Papal difficulties due to Spanish Regalist pressure in Latin America. Etsi longissimo (1816). Muzi Mission (1823) and Pius IX. Etsi iam diu (1824). Appointments in partibus (1825). Residential bishops by motu proprio (1827). Sollicitudo ecclesiarum (1831).

Understandable appeal to some of Anglo-Saxon Liberalism. United Kingdom. Regalism affecting Anglicans causing Oxford Movement, dissident Churches, Canada. Tendency to a freeing of non-Anglican in UK and Canada. United States, 1789, no restrictions. Immigrant clergy and great enthusiasm. Problems, but need more to understand.

B. Rising From the Ashes (1800-1848)

Devastation of the whole period from 1750. Varied but general. Intellectually, spiritual, structural, political and social. Tremendous loss of confidence over mission in world.

Four-fold theme of revival: Rediscovery of the supernatural; recommittment, revaluation of Rome; rebirth of determination to transform the world. Problems with all of them.

Rediscovery of the supernatural. Reasons: Never-dying tradition reevocked. Romanticism, contextualism, and appreciation of mysterious. Whole and individual relationship. Corporate destruction awareness. Ideas and History. Reaction to the Revolution. Sin as overwhelming reality dictated by experience.

Main consequences (5). Sense of insufficiency of naturalist straitjacket in all forms; overcoming alienation. Exotic Middle Ages as key to overcoming alienation. Church, dogma, and morality as a living, active, supra-rational body with own organic laws and not pure mechanism. Person of Christ in it. Participation in this for perfection of life and divinization. Community of Christ bearers. Timeless, universal mission with historical peculiarities, political and social. Need for freedom of association for her.
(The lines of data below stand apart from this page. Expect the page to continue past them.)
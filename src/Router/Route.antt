-- ===== src/Router/Route.antt =====
-- The paths that `route` chooses for what `classify` accepts.
use synthgen_core.Prelude.{
  ℕ, ◌+◌, ◌<◌, Text, Bool, ◌&&◌, ◌≡◌, refl, length, ltb, if◌then◌else◌, arith, subst, sym, ap, ◌∙◌,
}
use synthgen_core.Common.Result.{ok}
use synthgen_core.Schema.{Schema}
use synthgen_core.Router.{
  ConstraintSet, ClassificationResult, DegradationPath, RoutingDecision, full_function, post_filter,
  pure_physics, identity_for_path, choose, decision_for, classified, classify, route,
}
use synthgen_core.Router.Classify.{classify-eq-ok, classify_iff}

-- The path by the rules that can be reached.
abbrev pub path_for : Bool → ℕ → ℕ → DegradationPath
path_for engine rows windows =
    if engine && ltb 0 windows
    then full_function
    else if engine && ltb 0 rows
    then post_filter
    else pure_physics

choose-path_for :
    (engine : Bool) (c : ClassificationResult)
    → 0 < c.value_range_count + c.inter_row_count + c.aggregate_count
    → (choose engine c).0 ≡ path_for engine c.inter_row_count c.aggregate_count
unfolding choose
choose-path_for engine c h = ground (arith, h)

module _ {InterRow Aggregate F : Type 0} (column_name : InterRow → Text)
    (aggregate_name : Aggregate → Text) (literal : Text → F) where
  -- Of a set of constraints that `classify` accepts, `route` chooses the full function if there is a
  -- data engine and an aggregate, the filter afterwards if there is a data engine and a relation
  -- between rows but no aggregate, and physics alone otherwise: statistical generation and KDE
  -- perturbation are never chosen. The identity declares the path that was chosen.
  pub route-classify :
      (constraints : ConstraintSet InterRow Aggregate) (schema : Schema F) (engine : Bool)
      (c : ClassificationResult)
      → classify column_name aggregate_name constraints schema ≡ ok c
      → (decision : RoutingDecision F) × (route literal engine c ≡ ok decision)
        × (decision.selected_path
            ≡ path_for engine
                (length constraints.inter_row_defs)
                (length constraints.aggregate_defs))
        × (decision.identity.path ≡ decision.selected_path)
        × (decision.identity.identity ≡ identity_for_path decision.selected_path)
  unfolding route decision_for classified
  route-classify constraints schema engine c e =
      let whole = classified column_name aggregate_name constraints in
      let same = classify-eq-ok column_name aggregate_name constraints schema c e in
      let accepted =
        (classify_iff column_name aggregate_name constraints schema).0 (e ∙ ap ok (sym same)) in
      (
        decision_for literal engine c,
        refl,
        subst Chooses same (choose-path_for engine whole accepted.some_constraint),
        refl,
        refl,
      )
    where
      Chooses : ClassificationResult → Type 0
      Chooses r =
          (choose engine r).0
          ≡ path_for engine (length constraints.inter_row_defs) (length constraints.aggregate_defs)
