-- ===== src/Router/Examples.antt =====
-- The theorems at a value range and a relation between rows.
use synthgen_core.Prelude.{ℕ, Text, text, true, ◌≡◌, ◌↔◌, none, [], ◌∷◌, ◌++◌, map, length, refl}
use synthgen_core.Common.Result.{ok}
use synthgen_core.Common.Types.{datetime}
use synthgen_core.Schema.{Schema}
use synthgen_core.Router.{
  ConstraintSet, RoutingDecision, phase_one_constraints, phase_two_constraints, of_value_range,
  of_inter_row, of_aggregate, identity_for_path, classified, classify, route, check_inter_row,
  check_aggregate, order_column,
}
use synthgen_core.Router.Classify.{IsClassifiable, classify_iff, classify-phases}
use synthgen_core.Router.Route.{path_for, route-classify}

abbrev constraints : ConstraintSet Text Text
constraints = record {
  value_range_names = text "power" ∷ [];
  inter_row_defs = text "energy" ∷ [];
  aggregate_defs = [];
}

abbrev sensor_log : Schema ℕ
sensor_log = record {
  type_name = text "sensor_log";
  columns =
      record {
        name = text "at";
        type = datetime;
        not_null = true;
        is_order = true;
        range_min = none;
        range_max = none;
        enum_values = [];
      }
      ∷ [];
}

abbrev name : Text → Text
name s = s

accepted : classify name name constraints sensor_log ≡ ok (classified name name constraints)
unfolding classify check_inter_row check_aggregate order_column
accepted = refl

classify_iff_example :
    (classify name name constraints sensor_log ≡ ok (classified name name constraints))
    ↔ IsClassifiable name name constraints sensor_log
classify_iff_example = classify_iff name name constraints sensor_log

classify-phases_example :
    (phase_one_constraints (classified name name constraints)
      ≡ map (of_value_range name name) (text "power" ∷ [])
        ++ map (of_inter_row name name) (text "energy" ∷ []))
    × (phase_two_constraints (classified name name constraints) ≡ map (of_aggregate name name) [])
classify-phases_example =
    classify-phases name name constraints sensor_log (classified name name constraints) accepted

route-classify_example :
    (decision : RoutingDecision ℕ) × (route length true (classified name name constraints)
      ≡ ok decision)
    × (decision.selected_path ≡ path_for true 1 0)
    × (decision.identity.path ≡ decision.selected_path)
    × (decision.identity.identity ≡ identity_for_path decision.selected_path)
route-classify_example =
    route-classify name name length constraints sensor_log true (classified name name constraints)
      accepted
Centers: mix in all without reference to later problems. Mixed lay-clerical circles in places like Munster and Vienna. University faculties. Seminaries. Revived religious orders and congregations. Press.

Where and who? Germany. Madame de Staehl, De l’Allemagne (1810), opposition to Napoleon and copied classicism. Munster, 1779 onwards. Circle of Princess Amalie Gallitzin (1748-1806) with Bernard Overberg (1729-1810); Count Friedrich Leopold zu Stolberg’s conversion in 1800. Vienna: Clemens Maria Hofbauer (1751-1820) with Friederich Schlegel (1772-1829), Ludwig von Haller (1768-1854), others. Landshut/Munich, 1800 onwards. Johann Michael Sailer (1751-1832) thorugh Crown Prince Ludwig (King, 1825 onwards), Ringseis (BSV at Munich, 1826 onwards), Schenk (Minister of Jusice’s religion and education section), with Josef von Görres (1776-1848). Franz von Baader (1765-1841), Ignaz von Döllinger (1799-1890), Eos (1828-1830), Historisch-Politische Blätter, Schelling. Mainz: Johann Ludwig Colmar (1760-1818) and Franz Leopold Liebermann (1759-1844). Seminary, other bishops, Der Katholik (1822 onwards). Tübingen: Johann Sebastian Drey (1777-1851), Theologische Quartalschrift, Johann Baptist Hirscher (1788-1865), Johann Adam Möhler (1776-1838). Bonn, Koblenz, etc. Luzern in Switzerland.